Only one stretch of the data below is wanted: the lines starting at the one with "i trace)) where" and ending at the one with "insert-AllBelow size a b pairs h", both included, given again exactly.

▶ **MATERIAL PROVIDED**:
──────────────────────────────
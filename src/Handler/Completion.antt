-- ===== src/Handler/Completion.antt =====
-- When the main thread passes its wait for the traces (fuzzer/fuzzer/handler.cpp:
-- `single_threaded_loop`).
use fuzzer_goal_directed.Prelude.{
  ℕ, ◌+◌, ◌≤◌, ◌<◌, ◌≡◌, refl, ap, subst, sym, ◌∙◌, none, List, [], ◌∷◌, arith, length, u64_mod,
}
use fuzzer_goal_directed.Result.{ok, ok-injective, ◌>>=◌}
use fuzzer_goal_directed.OrderedMap.{lookup}
use fuzzer_goal_directed.Individual.{Individual}
use fuzzer_goal_directed.Measure.{Floats}
use fuzzer_goal_directed.Trace.{get_trace}
use fuzzer_goal_directed.Coverage.{CacheOps, GraphOps}
use fuzzer_goal_directed.Processes.Laws.{IsTable, is_some}
use fuzzer_goal_directed.Processes.Collect.{entry-clear, clear-IsTable}
use fuzzer_goal_directed.Handler.{
  Handler, begin_generation, process, take_available, take_timedout, retriever_round, received,
}
use fuzzer_goal_directed.Commander.{clear_commander}
use fuzzer_goal_directed.Handler.Steps.{Stage, completing, Reach, here, next, generation}
use fuzzer_goal_directed.Handler.Accounts.{pending}
use fuzzer_goal_directed.Handler.Launching.{IsAccounted}
use fuzzer_goal_directed.Handler.Invariant.{take_timedout-Retrieved, Step-IsAccounted}

length-nil : {A : Type 0} (xs : List A) → length xs ≡ 0 → xs ≡ []
length-nil [] h = refl
length-nil (x ∷ xs) h = absurd (omega (arith, h))

no_entry : (q : ℕ) (m : List (ℕ × ℕ)) → m ≡ [] → lookup q m ≡ none
unfolding lookup
no_entry q m e = rw e refl

module _ {B G V : Type 0} where
  -- No test case is with a process or in a queue.
  pub record IsSettled (h : Handler B G V) : Type 0 where
    pub table : IsTable h.commander.child_processes
    pub pids : h.commander.testcase_pids ≡ []
    pub available : h.available_testcases ≡ []
    pub timedout : h.timedout_testcases ≡ []

  module _ {W : Type 0} (blocks : CacheOps (ℕ × ℕ) B) (graph : GraphOps G) (vertices : CacheOps ℕ V)
      (floats : Floats W) where
    begin_generation-IsAccounted :
        (h : Handler B G V) (is : List Individual)
        → length is < u64_mod
        → IsSettled h
        → IsAccounted 0 (generation blocks graph vertices floats h is)
    unfolding begin_generation clear_commander
    begin_generation-IsAccounted h is small s = record {
      paired = record {
        table = clear-IsTable h.commander.child_processes s.table;
        pids = λ q.
            ap is_some (no_entry q h.commander.testcase_pids s.pids)
            ∙ sym (ap (λ e. is_some e.status) (entry-clear h.commander.child_processes q s.table));
        ids = λ pid i e. ground (arith, no_entry pid h.commander.testcase_pids s.pids, e);
      };
      owed = ground (arith, ap length s.pids, ap length s.available, ap length s.timedout);
      width = small;
    }

    Reach-IsAccounted :
        (lost : ℕ) {s t : Stage × Handler B G V}
        → IsAccounted lost s
        → Reach blocks graph vertices floats s t
        → IsAccounted lost t
    Reach-IsAccounted lost a here = a
    Reach-IsAccounted lost a (next r st) =
        Step-IsAccounted blocks graph vertices floats lost st (Reach-IsAccounted lost a r)

    module _ (h : Handler B G V) (is : List Individual) (small : length is < u64_mod)
        (s : IsSettled h) where
      -- However the threads interleave, the retriever never counts more test cases in a generation
      -- than there are to process, and those under way make up at most the difference.
      pub processed_testcases_le :
          (stage : Stage) (h' : Handler B G V)
          → Reach blocks graph vertices floats
              (generation blocks graph vertices floats h is)
              (stage, h')
          → pending h' + h'.retriever.processed_testcases ≤ h'.to_process
      processed_testcases_le stage h' r =
          let a = Reach-IsAccounted 0 (begin_generation-IsAccounted h is small s) r in
          omega (arith, a.owed)

      -- However the threads interleave, when the wait for the traces ends, as many test
      -- cases are counted as there are to process, no process is left, and both queues are empty; so the
      -- next generation starts as this one did.
      pub completing-IsSettled :
          (h' : Handler B G V)
          → Reach blocks graph vertices floats
              (generation blocks graph vertices floats h is)
              (completing, h')
          → h'.to_process ≤ h'.retriever.processed_testcases
          → IsSettled h'
            × (h'.retriever.processed_testcases ≡ h'.to_process)
            × ((pid : ℕ) → lookup pid h'.commander.child_processes.pid_statuses ≡ none)
      completing-IsSettled h' r done =
          let a = Reach-IsAccounted 0 (begin_generation-IsAccounted h is small s) r in
          let pids : h'.commander.testcase_pids ≡ [] = length-nil _ (omega (arith, a.owed)) in
          (
            record {
              table = a.paired.table;
              pids = pids;
              available = length-nil _ (omega (arith, a.owed));
              timedout = length-nil _ (omega (arith, a.owed));
            },
            omega (arith, a.owed),
            λ pid. ground (arith, a.paired.pids pid, no_entry pid h'.commander.testcase_pids pids),
          )

    module _ (stage : Stage) (h : Handler B G V) (i : ℕ) (rest : List ℕ)
        (queued : h.available_testcases ≡ i ∷ rest) (absent : get_trace h.container i ≡ none) where
      process_absent :
          (h' : Handler B G V)
          → get_trace h'.container i ≡ none
          → process blocks graph vertices floats h' i ≡ ok h'
      unfolding process
      process_absent h' e = ground (arith, e)

      round_absent :
          retriever_round blocks graph vertices floats h
          ≡ ok (take_timedout (received (record h { available_testcases = rest }) i))
      unfolding retriever_round take_available
      round_absent = rw (queued) (
          ap (λ m. m >>= λ h1. ok (take_timedout h1))
            (process_absent (received (record h { available_testcases = rest }) i) absent))

      lost-IsAccounted :
          IsAccounted 0 (stage, h)
          → IsAccounted 1
              (stage, take_timedout (received (record h { available_testcases = rest }) i))
      unfolding take_timedout
      lost-IsAccounted a =
          let r = take_timedout-Retrieved (received (record h { available_testcases = rest }) i) in
          record {
            paired = record {
              table = rw r.commander a.paired.table;
              pids = rw r.commander a.paired.pids;
              ids = rw r.commander a.paired.ids;
            };
            owed = omega (arith, a.owed, r.owed, ap length queued);
            width = omega (arith, a.width, r.to_process);
          }

      lost_trace-IsAccounted :
          IsAccounted 0 (stage, h)
          → (h' : Handler B G V) → retriever_round blocks graph vertices floats h ≡ ok h'
          → IsAccounted 1 (stage, h')
      lost_trace-IsAccounted a h' e =
          subst (λ x. IsAccounted 1 (stage, x)) (ok-injective (sym round_absent ∙ e))
            (lost-IsAccounted a)

    -- A test case whose trace is not in the container when the retriever takes it up is never counted:
    -- however the threads go on, the wait for the traces does not end.
    pub lost_trace :
        (h : Handler B G V) (is : List Individual)
        → length is < u64_mod
        → IsSettled h
        → (stage : Stage) (h1 h2 h3 : Handler B G V) (i : ℕ) (rest : List ℕ)
        → Reach blocks graph vertices floats
            (generation blocks graph vertices floats h is)
            (stage, h1)
        → h1.available_testcases ≡ i ∷ rest
        → get_trace h1.container i ≡ none
        → retriever_round blocks graph vertices floats h1 ≡ ok h2
        → Reach blocks graph vertices floats (stage, h2) (completing, h3)
        → h3.retriever.processed_testcases < h3.to_process
    lost_trace h is small s stage h1 h2 h3 i rest r queued absent e r' =
        let a = Reach-IsAccounted 0 (begin_generation-IsAccounted h is small s) r in
        let b = lost_trace-IsAccounted stage h1 i rest queued absent a h2 e in
        let c = Reach-IsAccounted 1 b r' in omega (arith, c.owed)
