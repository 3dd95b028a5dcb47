-- ===== src/Handler/Progress.antt =====
-- The retriever empties its queues when the traces are there (fuzzer/fuzzer/handler.cpp:
-- `FuzzerTraceRetriever`).
use fuzzer_goal_directed.Prelude.{ℕ, ◌+◌, ◌<◌, ◌≡◌, some, List, [], ◌∷◌}
use fuzzer_goal_directed.Result.{Returns}
use fuzzer_goal_directed.Measure.{Floats}
use fuzzer_goal_directed.Trace.{Container, TraceElement, get_trace}
use fuzzer_goal_directed.Coverage.{CacheOps, GraphOps, Knowledge}
use fuzzer_goal_directed.Coverage.Trace.{add_trace}
use fuzzer_goal_directed.Handler.{Handler}

-- Each test case of the queue is valid and has a trace in the container.
abbrev pub AllTraced : Container → List ℕ → Type 0
AllTraced c [] = Unit {0}
AllTraced c (i ∷ rest) =
    (0 < i) × ((trace : List TraceElement) × (get_trace c i ≡ some trace)) × AllTraced c rest

abbrev pub tail : List ℕ → List ℕ
tail [] = []
tail (x ∷ xs) = xs

module _ {B G V W : Type 0} (blocks : CacheOps (ℕ × ℕ) B) (graph : GraphOps G)
    (vertices : CacheOps ℕ V) (floats : Floats W) (P : Knowledge B G V → Type 0)
    (adds : (k : Knowledge B G V) (i : ℕ) (trace : List TraceElement)
      → P k
      → Returns P (add_trace blocks graph vertices floats k i trace)) where
  -- What a round leaves of the queues.
  pub record Taken (h h' : Handler B G V) (ready late : List ℕ) (number : ℕ) : Type 0 where
    pub available : h'.available_testcases ≡ ready
    pub timedout : h'.timedout_testcases ≡ late
    pub processed : h'.retriever.processed_testcases ≡ h.retriever.processed_testcases + number
    pub container : h'.container ≡ h.container
    pub commander : h'.commander ≡ h.commander
    pub to_process : h'.to_process ≡ h.to_process
    pub knows : P h'.knowledge
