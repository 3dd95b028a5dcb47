-- ===== src/Mating/Laws.antt =====
-- What the strategies choose (fuzzer/fuzzer/mating-strategy.cpp).
use fuzzer_goal_directed.Prelude.{
  ℕ, zero, suc, ◌+◌, ◌/◌, ◌%◌, ◌<◌, ◌≡◌, ◌≢◌, ◌⊎◌, Bool, true, false, not, none, some, List, [],
  ◌∷◌, arith, ltb, ◌==◌, ◌&&◌, Option-cases, Bool-cases, inl, inr,
}
use fuzzer_goal_directed.OrderedMap.{lookup, insert, lookup-insert, lookup-assign}
use fuzzer_goal_directed.Memory.{contains}
use fuzzer_goal_directed.Random.{Rand, next_number}
use fuzzer_goal_directed.Random.Laws.{next_number-lt}
use fuzzer_goal_directed.Mating.{
  IndexMap, draw_pairs, uniform_mates, PairwiseScore, sort_bigger, indices_from, erase_index,
  mate_closest, closeness,
}

-- Both indices of every pair are below the size of the population.
abbrev pub AllBelow : ℕ → IndexMap → Type 0
AllBelow size pairs = (i j : ℕ) → lookup i pairs ≡ some j → (i < size) × (j < size)

insert-AllBelow :
    (size a b : ℕ) (pairs : IndexMap)
    → a < size
    → b < size
    → AllBelow size pairs
    → AllBelow size (insert a b pairs)
unfolding insert
insert-AllBelow size a b pairs h k all i j e = elim (Option-cases (lookup a pairs)) [
  | inl f ↦ ground (arith, f, lookup-assign a i b pairs, all i j)
  | inr (c, f) ↦ ground (arith, f, all i j)
]

draw_pairs-AllBelow :
    (size rounds : ℕ) (r : Rand) (pairs : IndexMap)
    → 0 < size
    → AllBelow size pairs
    → AllBelow size (draw_pairs r size rounds pairs).0
unfolding draw_pairs
draw_pairs-AllBelow size zero r pairs h all = all
draw_pairs-AllBelow size (suc rounds) r pairs h all =
    let r1 = (next_number r size).1 in
    draw_pairs-AllBelow size rounds (next_number r1 size).1
      (insert (next_number r size).0 (next_number r1 size).0 pairs) h
      (insert-AllBelow size (next_number r size).0 (next_number r1 size).0 pairs
        (omega (arith, next_number-lt r size)) (omega (arith, next_number-lt r1 size)) all)

-- The uniform strategy mates individuals of the population only.
pub uniform_mates-AllBelow : (r : Rand) (size : ℕ) → AllBelow size (uniform_mates r size).0
unfolding uniform_mates lookup
uniform_mates-AllBelow r zero = λ i j e. cc
uniform_mates-AllBelow r (suc n) =
    draw_pairs-AllBelow (suc n) (suc n / 2 + suc n % 2) r [] (omega arith) (λ i j e. cc)

-- No index is in two pairs, or twice in one.
pub record IsMatching (pairs : IndexMap) : Type 0 where
  pub other : (i j : ℕ) → lookup i pairs ≡ some j → i ≢ j
  pub once : (i j : ℕ) → lookup i pairs ≡ some j → lookup j pairs ≡ none
  pub injective : (i k j : ℕ) → lookup i pairs ≡ some j → lookup k pairs ≡ some j → i ≡ k

-- A matching of indices below `size` that are not free any more.
pub record Matched (size : ℕ) (free : ℕ → Bool) (pairs : IndexMap) : Type 0 where
  pub matching : IsMatching pairs
  pub below : AllBelow size pairs
  pub taken : (i j : ℕ) → lookup i pairs ≡ some j → (free i ≡ false) × (free j ≡ false)

module _ {size : ℕ} {free : ℕ → Bool} {pairs : IndexMap} (m : Matched size free pairs) where
  pub unused : (a : ℕ) → free a ≡ true → lookup a pairs ≡ none
  unused a f = elim (Option-cases (lookup a pairs)) [
    | inl e ↦ e
    | inr (j, e) ↦ ground (arith, f, m.taken a j e)
  ]

  not_second : (a k : ℕ) → free a ≡ true → lookup k pairs ≡ some a → ⊥
  not_second a k f e = ground (arith, f, m.taken k a e)

  module _ (a b : ℕ) (f : free a ≡ true) (g : free b ≡ true) (d : a ≢ b) where
    entries :
        (i j : ℕ)
        → lookup i (insert a b pairs) ≡ some j
        → ((i ≡ a) × (j ≡ b)) ⊎ ((i ≢ a) × (lookup i pairs ≡ some j))
    entries i j e = elim (Bool-cases (a == i)) [
      | inl h ↦ inl (ground (arith, e, h, lookup-insert a i b pairs (unused a f)))
      | inr h ↦ inr (ground (arith, e, h, lookup-insert a i b pairs (unused a f)))
    ]

    insert-IsMatching : IsMatching (insert a b pairs)
    insert-IsMatching = record {
      other = λ i j e. elim (entries i j e) [
        | inl (p, q) ↦ ground (arith, p, q, d)
        | inr (p, q) ↦ m.matching.other i j q
      ];
      once = λ i j e. elim (entries i j e) [
        | inl (p, q) ↦ ground (arith, p, q, d, lookup-insert a j b pairs (unused a f), unused b g)
        | inr (p, q) ↦ ground (
          arith,
          m.matching.once i j q,
          lookup-insert a j b pairs (unused a f),
          not_second a i f,
          q,
        )
      ];
      injective = λ i k j e e'. elim (entries i j e) [
        | inl (p, q) ↦ elim (entries k j e') [
          | inl (p', q') ↦ ground (arith, p, p')
          | inr (p', q') ↦ ground (arith, not_second b k g, q, q')
        ]
        | inr (p, q) ↦ elim (entries k j e') [
          | inl (p', q') ↦ ground (arith, not_second b i g, q, q')
          | inr (p', q') ↦ m.matching.injective i k j q q'
        ]
      ];
    }

    pub insert-Matched :
        (free' : ℕ → Bool)
        → (a < size) × (b < size)
        → ((q : ℕ) → free' q ≡ true → (free q ≡ true) × (q ≢ a) × (q ≢ b))
        → Matched size free' (insert a b pairs)
    insert-Matched free' s less = record {
      matching = insert-IsMatching;
      below = insert-AllBelow size a b pairs s.0 s.1 m.below;
      taken = λ i j e. elim (entries i j e) [
        | inl (p, q) ↦ (
          taken_now i (λ r. ground (arith, less i r, p)),
          taken_now j (λ r. ground (arith, less j r, q)),
        )
        | inr (p, q) ↦ (
          taken_now i (λ r. ground (arith, less i r, m.taken i j q)),
          taken_now j (λ r. ground (arith, less j r, m.taken i j q)),
        )
      ];
    }
      where
        taken_now : (x : ℕ) → (free' x ≡ true → ⊥) → free' x ≡ false
        taken_now x h = elim (Bool-cases (free' x)) [ inl e ↦ absurd (h e) | inr e ↦ e ]

contains-erase_index :
    (q i : ℕ) (xs : List ℕ) → contains q (erase_index i xs) ≡ (not (i == q) && contains q xs)
unfolding contains erase_index
contains-erase_index q i [] = ground arith
contains-erase_index q i (x ∷ xs) = ground (arith, contains-erase_index q i xs)

contains-indices_from :
    (q i number : ℕ) → contains q (indices_from i number) ≡ true → q < i + number
unfolding contains indices_from
contains-indices_from q i zero h = cc
contains-indices_from q i (suc number) h = ground (arith, contains-indices_from q (i + 1) number)

left_free :
    (q a b : ℕ) (result : List ℕ)
    → contains q (erase_index b (erase_index a result)) ≡ true
    → (contains q result ≡ true) × (q ≢ a) × (q ≢ b)
left_free q a b result k =
    ground
      (arith, contains-erase_index q b (erase_index a result), contains-erase_index q a result, k)

abbrev Free : ℕ → List ℕ → Type 0
Free size result = (q : ℕ) → contains q result ≡ true → q < size

mate_closest-Matched :
    (size : ℕ) (scores : List PairwiseScore) (result : List ℕ) (pairs : IndexMap)
    → Free size result
    → Matched size (λ q. contains q result) pairs
    → IsMatching (mate_closest scores result pairs)
      × AllBelow size (mate_closest scores result pairs)
unfolding mate_closest
mate_closest-Matched size [] result pairs f m = (m.matching, m.below)
mate_closest-Matched size (p ∷ rest) result pairs f m = elim (Bool-cases (ltb p.score 1)) [
  | inl e ↦ rw e (m.matching, m.below)
  | inr e ↦ elim (Bool-cases (p.index_1 == p.index_2)) [
    | inl g ↦ rw (e, g) (mate_closest-Matched size rest result pairs f m)
    | inr g ↦ elim (Bool-cases (contains p.index_1 result && contains p.index_2 result)) [
      | inr h ↦ rw (e, g, h) (mate_closest-Matched size rest result pairs f m)
      | inl h ↦
          let left = erase_index p.index_2 (erase_index p.index_1 result) in
          let (h1, h2) : (contains p.index_1 result ≡ true) × (contains p.index_2 result ≡ true) =
            ground (arith, h) in
          rw (e, g, h)
            (mate_closest-Matched size rest left (insert p.index_1 p.index_2 pairs)
              (λ q k. f q (left_free q p.index_1 p.index_2 result k).0)
              (insert-Matched m p.index_1 p.index_2 h1 h2 (ground (arith, g)) (λ q. contains q left)
                (f p.index_1 h1, f p.index_2 h2) (λ q k. left_free q p.index_1 p.index_2 result k)))
    ]
  ]
]

-- The closeness strategy mates individuals of the population only, none of them twice and none with
-- itself, whatever the scores of the pairs are.
pub closeness-IsMatching :
    (scores : List PairwiseScore) (size : ℕ)
    → IsMatching (closeness scores size) × AllBelow size (closeness scores size)
unfolding closeness lookup
closeness-IsMatching scores size =
    mate_closest-Matched size (sort_bigger scores) (indices_from 0 size) []
      (λ q h. omega (arith, contains-indices_from q 0 size h))
      (record {
        matching = record { other = λ i j e. cc; once = λ i j e. cc; injective = λ i k j e e'. cc };
        below = λ i j e. cc;
        taken = λ i j e. cc;
      })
──────────────────────────────
▶ **ANSWER SPACE**:
      → Returns P (add_trace blocks graph vertices floats k i trace)) where
  -- What a round leaves of the queues.
  pub record Taken (h h' : Handler B G V) (ready late : List ℕ) (number : ℕ) : Type 0 where
    pub available : h'.available_testcases ≡ ready
    pub timedout : h'.timedout_testcases ≡ late
    pub processed : h'.retriever.processed_testcases ≡ h.retriever.processed_testcases + number
    pub container : h'.container ≡ h.container
    pub commander : h'.commander ≡ h.commander
    pub to_process : h'.to_process ≡ h.to_process
    pub knows : P h'.knowledge
repository 3dd95b028a5dcb47
-- ===== src/Mating/Laws.antt =====
-- What the strategies choose (fuzzer/fuzzer/mating-strategy.cpp).
use fuzzer_goal_directed.Prelude.{
  ℕ, zero, suc, ◌+◌, ◌/◌, ◌%◌, ◌<◌, ◌≡◌, ◌≢◌, ◌⊎◌, Bool, true, false, not, none, some, List, [],
  ◌∷◌, arith, ltb, ◌==◌, ◌&&◌, Option-cases, Bool-cases, inl, inr,
}
use fuzzer_goal_directed.OrderedMap.{lookup, insert, lookup-insert, lookup-assign}
use fuzzer_goal_directed.Memory.{contains}
use fuzzer_goal_directed.Random.{Rand, next_number}
use fuzzer_goal_directed.Random.Laws.{next_number-lt}
use fuzzer_goal_directed.Mating.{
  IndexMap, draw_pairs, uniform_mates, PairwiseScore, sort_bigger, indices_from, erase_index,
  mate_closest, closeness,
}

-- Both indices of every pair are below the size of the population.
abbrev pub AllBelow : ℕ → IndexMap → Type 0
AllBelow size pairs = (i j : ℕ) → lookup i pairs ≡ some j → (i < size) × (j < size)

insert-AllBelow :
    (size a b : ℕ) (pairs : IndexMap)
    → a < size
    → b < size
    → AllBelow size pairs
    → AllBelow size (insert a b pairs)
unfolding insert
insert-AllBelow size a b pairs h k all i j e = elim (Option-cases (lookup a pairs)) [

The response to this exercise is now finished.